Поняв это, мы можем также приобрести новое понимание того, как у Аристотеля реалистическое настояние на важности чувств для познания связано с его аналогической онтологией (что будет описано позднее). Когда мы смотрим на некое сложное явление, мы можем объединять всякого рода разрозненные реальности, как индивидуальные, так и коллективные: «субстанция» дерева берется вместе с его «акцидентальной» формой и цветом; субстанция и акциденция также связаны с реляциями, в которых состоит это дерево (например, его трепание ветром), различные видовые реальности минерального, растительного и животного соединяются друг с другом посредством нашего взгляда. Самым прямым образом мы видим бытие – но бытие материализованное, так как мы видим прежде всего связи между вещами, лежащими в «невозможной» сфере одновременно схожего и несхожего. Обыкновенно видимое нами, следовательно, есть бытие как аналогическое.

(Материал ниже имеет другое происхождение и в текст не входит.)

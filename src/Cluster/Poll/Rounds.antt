-- ===== src/Cluster/Poll/Rounds.antt =====
-- What the topic holds for each aspect after some rounds.
use pok.Cluster.Poll.Aspects.{Aspect, aspects}
use pok.Cluster.Poll.Keys.{key_of, HasKey, key_of-injective}
use pok.Cluster.Poll.{Round, Poller, write_message, call_at, poll, poll_all, is_ticking}
use pok.Cluster.Workloads.{Message}
use pok.Kafka.Topics.{last_keyed}
use pok.Prelude.Bytes.{Bytes, bytes_key}
use pok.Prelude.Int.{ℤ, pos, ◌+ℤ◌, ◌≤ℤ◌, +ℤ_parts, -ℤ_parts}
use pok.Prelude.Lists.{get_elem?}
use pok.Prelude.Tests.{◌==◌, eq_iff, if◌then◌else◌, Option-cases, Bool-cases}
use pok.Prelude.{
  ◌≡◌, ◌∙◌, ◌↔◌, refl, ap, inl, inr, Bool, true, false, ◌&&◌, Option, none, some, List, [], ◌∷◌,
  ◌++◌, arith,
}

abbrev pub or_else : {A : Type 0} → Option A → Option A → Option A
or_else none b = b
or_else (some a) b = some a

module _ {A : Type 0} (key : A → Bytes) where
  pub last_keyed-append :
      (u : Bytes) (xs ys : List A)
      → last_keyed key u (xs ++ ys) ≡ or_else (last_keyed key u ys) (last_keyed key u xs)
  unfolding last_keyed
  last_keyed-append u [] ys = ground arith
  last_keyed-append u (x ∷ xs) ys = ground (arith, last_keyed-append u xs ys)

is_ticking_iff : (now t : ℤ) → (is_ticking now t ≡ true) ↔ (now ≤ℤ t +ℤ pos 30)
unfolding is_ticking
is_ticking_iff now t = (
  λ h. ground (arith, h, -ℤ_parts now t, +ℤ_parts t (pos 30)),
  λ h. ground (arith, h, -ℤ_parts now t, +ℤ_parts t (pos 30)),
)

module _ {Answers Report : Type 0} (call : Aspect → Answers → Option (Message Report)) where
  -- Whether a round chose the aspect.
  abbrev pub chose : Aspect → Round Answers → Bool
  chose a r = elim (get_elem? aspects r.choice) [ none ↦ false | some b ↦ key_of b == key_of a ]

  -- What the aspect's function returned in the last round that chose the aspect, had an answer
  -- from the API and got its message into the topic.
  unfoldable pub last_report : Aspect → List (Round Answers) → Option (Message Report)
  last_report a [] = none
  last_report a (r ∷ rounds) =
      or_else (last_report a rounds) (if chose a r && r.accepted then call a r.answers else none)

  abbrev keyed : Message Report → Bytes
  keyed m = m.aspect

  module _ (keys : (a : Aspect) (answers : Answers) → HasKey (key_of a) (call a answers)) where
    last_keyed-write_message :
        (u : Bytes) (accepted : Bool) (o : Option (Message Report)) (k : Bytes)
        → HasKey k o
        → last_keyed keyed u (write_message accepted o) ≡ (if k == u && accepted then o else none)
    unfolding last_keyed write_message
    last_keyed-write_message u accepted none k h = ground arith
    last_keyed-write_message u accepted (some m) k h = ground (arith, h)

    written_in :
        (a : Aspect) (r : Round Answers)
        → last_keyed keyed (key_of a) (write_message r.accepted (call_at call r.choice r.answers))
          ≡ (if chose a r && r.accepted then call a r.answers else none)
    unfolding call_at
    written_in a r = elim (Option-cases (get_elem? aspects r.choice)) [
      | inl e ↦ rw e (unfold last_keyed write_message in refl)
      | inr (b, e) ↦ rw e (
          last_keyed-write_message (key_of a) r.accepted (call b r.answers) (key_of b)
            (keys b r.answers)
          ∙ elim (Bool-cases (key_of b == key_of a)) [
            | inl same ↦
                ap (λ c. if key_of b == key_of a && r.accepted then call c r.answers else none)
                  (key_of-injective b a ((eq_iff (key_of b) (key_of a)).0 same))
            | inr other ↦ rw other
          ])
    ]

    written-poll_all :
        (a : Aspect) (rounds : List (Round Answers)) (s : Poller Report)
        → last_keyed keyed (key_of a) (poll_all call rounds s).written
          ≡ or_else (last_report a rounds) (last_keyed keyed (key_of a) s.written)
    unfolding poll_all poll last_report
    written-poll_all a [] s = refl
    written-poll_all a (r ∷ rounds) s = ground (
      arith,
      written-poll_all a rounds (poll call r s),
      last_keyed-append keyed (key_of a) s.written
          (write_message r.accepted (call_at call r.choice r.answers)),
      written_in a r,
    )

    -- After any rounds the last message under an aspect's key is what its function returned in the
    -- last round that chose it, had an answer and got the message written; and if there was none,
    -- the topic has no message under that key. What happens to other aspects does not matter.
    pub poll_all-latest :
        (a : Aspect) (rounds : List (Round Answers)) (start : ℤ)
        → last_keyed keyed
            (key_of a)
            (poll_all call rounds (record { last_tick = start; written = [] })).written
          ≡ last_report a rounds
    poll_all-latest a rounds start =
        written-poll_all a rounds (record { last_tick = start; written = [] })
        ∙ unfold last_keyed in or_else-none (last_report a rounds)
      where
        or_else-none : (o : Option (Message Report)) → or_else o none ≡ o
        or_else-none none = refl
        or_else-none (some m) = refl

  -- The time of the last round.
  abbrev pub last_start : ℤ → List (Round Answers) → ℤ
  last_start start [] = start
  last_start start (r ∷ rounds) = last_start r.now rounds

  last_tick-poll_all :
      (rounds : List (Round Answers)) (s : Poller Report)
      → (poll_all call rounds s).last_tick ≡ last_start s.last_tick rounds
  unfolding poll_all poll
  last_tick-poll_all [] s = refl
  last_tick-poll_all (r ∷ rounds) s = last_tick-poll_all rounds (poll call r s)

  -- /healthz answers 200 exactly while the last round began no more than 30 seconds ago, whether
  -- that round had an answer and got a message written or not.
  pub poll_all-is_ticking :
      (rounds : List (Round Answers)) (s : Poller Report) (now : ℤ)
      → (is_ticking now (poll_all call rounds s).last_tick ≡ true)
        ↔ (now ≤ℤ last_start s.last_tick rounds +ℤ pos 30)
  poll_all-is_ticking rounds s now =
      rw (last_tick-poll_all rounds s) (is_ticking_iff now (last_start s.last_tick rounds))
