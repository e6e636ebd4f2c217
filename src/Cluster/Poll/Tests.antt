-- ===== src/Cluster/Poll/Tests.antt =====
-- Five rounds: two of the namespaces, one that the broker refuses, and two of other aspects.
use pok.Cluster.Poll.Aspects
use pok.Cluster.Poll.Calls.{Api, Report, call, of_names}
use pok.Cluster.Poll.Rounds.{last_report}
use pok.Cluster.Poll.{Round, Poller, poll_all, is_ticking}
use pok.Cluster.Samples.{libraries, api_of}
use pok.Cluster.Sorting.{sort, sort_strings}
use pok.Cluster.Workloads.{aspect_namespaces}
use pok.Prelude.Bytes.{Bytes, bytes, bytes_beq}
use pok.Prelude.Int.{pos, ◌-ℤ◌}
use pok.Prelude.{ℕ, ◌≡◌, refl, Bool, true, false, some, List, [], ◌∷◌}

abbrev round : ℕ → ℕ → List Bytes → Bool → Round (Api libraries)
round now choice names accepted = record {
  now = pos now;
  choice = choice;
  answers = api_of names;
  accepted = accepted;
}

abbrev rounds : List (Round (Api libraries))
rounds =
    round 10 2 (bytes "b" ∷ bytes "a" ∷ []) true
    ∷ round 11 2 (bytes "c" ∷ []) true
    ∷ round 12 2 [] false
    ∷ round 13 0 [] true
    ∷ round 14 1 [] true
    ∷ []

abbrev started : Poller (Report libraries)
started = record { last_tick = pos 9; written = [] }

last_namespaces :
    last_report (call libraries) Aspects.namespaces rounds
    ≡ some (record {
      aspect = bytes "namespaces";
      value = of_names (record { count = 1; names = bytes "c" ∷ [] });
    })
unfolding last_report call aspect_namespaces bytes_beq sort_strings sort
last_namespaces = refl

in_time : is_ticking (pos 44) (poll_all (call libraries) rounds started).last_tick ≡ true
unfolding is_ticking poll_all ◌-ℤ◌
in_time = refl

late : is_ticking (pos 45) (poll_all (call libraries) rounds started).last_tick ≡ false
unfolding is_ticking poll_all ◌-ℤ◌
late = refl
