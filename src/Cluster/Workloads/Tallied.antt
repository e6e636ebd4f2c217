-- ===== src/Cluster/Workloads/Tallied.antt =====
-- The counts of the pods aspect.
use pok.Cluster.Sorting.{count}
use pok.Cluster.Workloads.{PodsReport, msg, tally, aspect_pods}
use pok.Prelude.Bytes.{Bytes, bytes, bytes_key}
use pok.Prelude.Lists.{length}
use pok.Prelude.Maps.{Map, index, insert, index-insert}
use pok.Prelude.Tests.{◌==◌, eq_iff}
use pok.Prelude.{ℕ, ◌+◌, ◌≤◌, ◌≡◌, refl, some, List, [], ◌∷◌, arith}

pub index-tally :
    (k : Bytes) (ks : List Bytes) (counts : Map Bytes ℕ)
    → index 0 k (tally ks counts) ≡ index 0 k counts + count (λ j. j == k) ks
unfolding tally
index-tally k [] counts = omega arith
index-tally k (j ∷ ks) counts = ground (
  arith,
  index-tally k ks (insert j (index 0 j counts + 1) counts),
  index-insert 0 j k (index 0 j counts + 1) counts,
  eq_iff j k,
)

-- The four phases exclude each other.
phases-length :
    (phases : List Bytes)
    → count (λ p. p == bytes "Running") phases
        + count (λ p. p == bytes "Pending") phases
        + count (λ p. p == bytes "Succeeded") phases
        + count (λ p. p == bytes "Failed") phases
      ≤ length phases
phases-length [] = omega arith
phases-length (p ∷ phases) = ground (
  arith,
  phases-length phases,
  eq_iff p (bytes "Running"),
  eq_iff p (bytes "Pending"),
  eq_iff p (bytes "Succeeded"),
  eq_iff p (bytes "Failed"),
)

-- The pods report counts the pods of each of four phases, which are at most all pods.
pub aspect_pods-count :
    (phases : List Bytes)
    → (r : PodsReport) × ((aspect_pods (some phases)
          ≡ some (record { aspect = bytes "pods"; value = r }))
        × (r.running ≡ count (λ p. p == bytes "Running") phases)
        × (r.pending ≡ count (λ p. p == bytes "Pending") phases)
        × (r.succeeded ≡ count (λ p. p == bytes "Succeeded") phases)
        × (r.failed ≡ count (λ p. p == bytes "Failed") phases)
        × (r.running + r.pending + r.succeeded + r.failed ≤ r.total))
unfolding aspect_pods msg index
aspect_pods-count phases =
    let tallied : (k : Bytes) → index 0 k (tally phases []) ≡ count (λ j. j == k) phases =
      λ k. omega (arith, index-tally k phases []) in
    (
      record {
        total = length phases;
        running = index 0 (bytes "Running") (tally phases []);
        pending = index 0 (bytes "Pending") (tally phases []);
        succeeded = index 0 (bytes "Succeeded") (tally phases []);
        failed = index 0 (bytes "Failed") (tally phases []);
      },
      (
        refl,
        tallied (bytes "Running"),
        tallied (bytes "Pending"),
        tallied (bytes "Succeeded"),
        tallied (bytes "Failed"),
        omega (
          arith,
          phases-length phases,
          tallied (bytes "Running"),
          tallied (bytes "Pending"),
          tallied (bytes "Succeeded"),
          tallied (bytes "Failed"),
        ),
      ),
    )
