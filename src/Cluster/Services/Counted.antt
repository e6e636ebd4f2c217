-- ===== src/Cluster/Services/Counted.antt =====
-- The services by type, and the addresses of the load balancers.
use pok.Cluster.Services.{Service, Vip, ServicesReport, vips_of, vips, less_ip, aspect_services}
use pok.Cluster.Sorting.{less_bytes, count, count-append, IsSorted, IsSorter}
use pok.Cluster.Workloads.Tallied.{index-tally}
use pok.Cluster.Workloads.{msg, qualified, tally}
use pok.Prelude.Bytes.{Bytes, bytes, bytes_key}
use pok.Prelude.Lists.{length, length-map}
use pok.Prelude.Maps.{Map, index, insert}
use pok.Prelude.Tests.{◌==◌, if◌then◌else◌}
use pok.Prelude.{ℕ, ◌+◌, ◌≡◌, ◌∙◌, refl, Bool, ◌&&◌, not, some, List, [], ◌∷◌, map, arith}

-- The addresses that pass a test: those which a service of type LoadBalancer was given.
abbrev pub count_vips : (Vip → Bool) → List Service → ℕ
count_vips test [] = 0
count_vips test (s ∷ services) =
    (if s.service_type == bytes "LoadBalancer"
      then count
          (λ ip. not (ip == []) && test (record { svc = qualified s.namespace s.name; ip = ip }))
          s.ingress
      else 0)
    + count_vips test services

count-vips_of :
    (test : Vip → Bool) (svc : Bytes) (ingress : List Bytes)
    → count test (vips_of svc ingress)
      ≡ count (λ ip. not (ip == []) && test (record { svc = svc; ip = ip })) ingress
unfolding vips_of
count-vips_of test svc [] = refl
count-vips_of test svc (ip ∷ ingress) = ground (arith, count-vips_of test svc ingress)

count-vips :
    (test : Vip → Bool) (services : List Service)
    → count test (vips services) ≡ count_vips test services
unfolding vips
count-vips test [] = refl
count-vips test (s ∷ services) = ground (
  arith,
  count-append test (vips_of (qualified s.namespace s.name) s.ingress) (vips services),
  count-vips_of test (qualified s.namespace s.name) s.ingress,
  count-vips test services,
)

-- The sum of a map's counts.
abbrev pub sum_counts : Map Bytes ℕ → ℕ
sum_counts [] = 0
sum_counts ((k, n) ∷ counts) = n + sum_counts counts

sum_counts-insert :
    (k : Bytes) (n : ℕ) (counts : Map Bytes ℕ)
    → sum_counts (insert k n counts) + index 0 k counts ≡ sum_counts counts + n
unfolding insert index
sum_counts-insert k n [] = omega arith
sum_counts-insert k n ((j, m) ∷ counts) = ground (arith, sum_counts-insert k n counts)

sum_counts-tally :
    (ks : List Bytes) (counts : Map Bytes ℕ)
    → sum_counts (tally ks counts) ≡ sum_counts counts + length ks
unfolding tally
sum_counts-tally [] counts = omega arith
sum_counts-tally (k ∷ ks) counts = omega (
  arith,
  sum_counts-tally ks (insert k (index 0 k counts + 1) counts),
  sum_counts-insert k (index 0 k counts + 1) counts,
)

count-map :
    {A : Type 0} (f : A → Bytes) (k : Bytes) (xs : List A)
    → count (λ j. j == k) (map f xs) ≡ count (λ x. f x == k) xs
count-map f k [] = refl
count-map f k (x ∷ xs) = ground (arith, count-map f k xs)

-- The services report counts the services of each type, which together are all services. It lists,
-- in order, each address that a service of type LoadBalancer was given, beside that service's name,
-- and nothing else.
pub aspect_services-count :
    (sort_slice : List Vip → List Vip) (services : List Service)
    → IsSorter less_ip sort_slice
    → (r : ServicesReport) × ((aspect_services sort_slice (some services)
          ≡ some (record { aspect = bytes "services"; value = r }))
        × (r.total ≡ length services)
        × ((k : Bytes) → index 0 k r.by_type ≡ count (λ s. s.service_type == k) services)
        × (sum_counts r.by_type ≡ r.total)
        × IsSorted (λ a b. less_bytes a.ip b.ip) r.loadbalancers
        × ((test : Vip → Bool) → count test r.loadbalancers ≡ count_vips test services))
unfolding aspect_services less_ip msg
aspect_services-count sort_slice services sorter =
    let types = map (λ (s : Service). s.service_type) services in
    (
      record {
        total = length services;
        by_type = tally types [];
        loadbalancers = sort_slice (vips services);
      },
      (
        refl,
        refl,
        λ k.
            unfold index in
            omega (
              arith,
              index-tally k types [],
              count-map (λ (s : Service). s.service_type) k services,
            ),
        omega (
          arith,
          sum_counts-tally types [],
          length-map (λ (s : Service). s.service_type) services,
        ),
        (sorter (vips services)).0,
        λ test. (sorter (vips services)).1 test ∙ count-vips test services,
      ),
    )
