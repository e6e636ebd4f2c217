-- ===== src/Cluster/Services/Tests.antt =====
-- Three services, of which one is shown outside the cluster.
use pok.Cluster.Services.Counted.{count_vips, sum_counts, aspect_services-count}
use pok.Cluster.Services.{Service, Vip, ServicesReport, vips, less_ip, aspect_services}
use pok.Cluster.Sorting.{
  count, IsSorted, IsSorter, IsOrder, less_bytes, less_bytes-IsOrder, sort, sort-IsSorted,
  sort-IsRearranged,
}
use pok.Prelude.Bytes.{Bytes, bytes, bytes_beq, bytes_key}
use pok.Prelude.Lists.{length}
use pok.Prelude.Maps.{index}
use pok.Prelude.Tests.{◌==◌}
use pok.Prelude.{◌≡◌, refl, Bool, some, List, [], ◌∷◌}

abbrev services : List Service
services =
    record {
      namespace = bytes "a";
      name = bytes "x";
      service_type = bytes "ClusterIP";
      ingress = [];
    }
    ∷ record {
      namespace = bytes "a";
      name = bytes "edge";
      service_type = bytes "LoadBalancer";
      ingress = bytes "10.0.0.2" ∷ [] ∷ bytes "10.0.0.1" ∷ [];
    }
    ∷ record {
      namespace = bytes "b";
      name = bytes "y";
      service_type = bytes "ClusterIP";
      ingress = [];
    }
    ∷ []

edge_vips :
    vips services
    ≡ record { svc = bytes "a/edge"; ip = bytes "10.0.0.2" }
      ∷ record { svc = bytes "a/edge"; ip = bytes "10.0.0.1" }
      ∷ []
unfolding vips bytes_beq
edge_vips = refl

less_ip-IsOrder : IsOrder less_ip
unfolding less_ip
less_ip-IsOrder = record {
  asymmetric = λ x y. less_bytes-IsOrder.asymmetric x.ip y.ip;
  chained = λ x y z. less_bytes-IsOrder.chained x.ip y.ip z.ip;
}

sort-IsSorter : IsSorter less_ip (sort less_ip)
sort-IsSorter xs = (sort-IsSorted less_ip less_ip-IsOrder xs, sort-IsRearranged less_ip xs)

aspect_services-count_example :
    (r : ServicesReport) × ((aspect_services (sort less_ip) (some services)
        ≡ some (record { aspect = bytes "services"; value = r }))
      × (r.total ≡ length services)
      × ((k : Bytes) → index 0 k r.by_type ≡ count (λ s. s.service_type == k) services)
      × (sum_counts r.by_type ≡ r.total)
      × IsSorted (λ a b. less_bytes a.ip b.ip) r.loadbalancers
      × ((test : Vip → Bool) → count test r.loadbalancers ≡ count_vips test services))
aspect_services-count_example = aspect_services-count (sort less_ip) services sort-IsSorter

Но этот опыт также психогеографичен, так как мы сначала видим ландшафт, вызывающий и порождающий некоторые эмоции. Наш взгляд изначально апострофичен[316], потому что мы не просто видим аффективно-окрашенный мир, но также открываем в ландшафте и его изменениях язык для выражения наших страстей, который в свою очередь порождает эти самые страсти – величайшим философским представлением этого является роман Эмили Бронте «Грозовой перевал». В попытке постичь эту тайну, Аристотель снова является лучшим помощником, чем мысль модерна. Плотность вещей, одна составляющая форму, ускользающа, так как она появляется только вместе с очертаниями вещей, их «формами» (эйде в греческом), полностью абстрактными, и может, таким образом, «стать» мыслями о самих этих вещах в сфере разума или псюхе, которой наш индивдуальный разум – таинственным образом возникающие из взаимодействия нашего мозга/тела с миром – сопричастны. То, что эти формы не сводятся к лишь чувственным данным (как то было согласно Локку и Юму) показывается синестическим феноменом «совместного чувствования», о котором также пишут Аристотель и Платон. Тот факт, что когда мы представляем себе цветок, мы также связываем его вид с его звуком, ощущением и запахом, и что эта ассоциативная способность влияет даже на наше чувственное зрительное восприятие цветка, показывает, что чувство всегда преследуется и обусловливается воображением («первичное воображение» Кольриджа), так что ощущения «осмысленны» только потому, что вместе они сообщают нам целостные формы, постигаемые только умом и чувством вместе – через посредство воображения[317].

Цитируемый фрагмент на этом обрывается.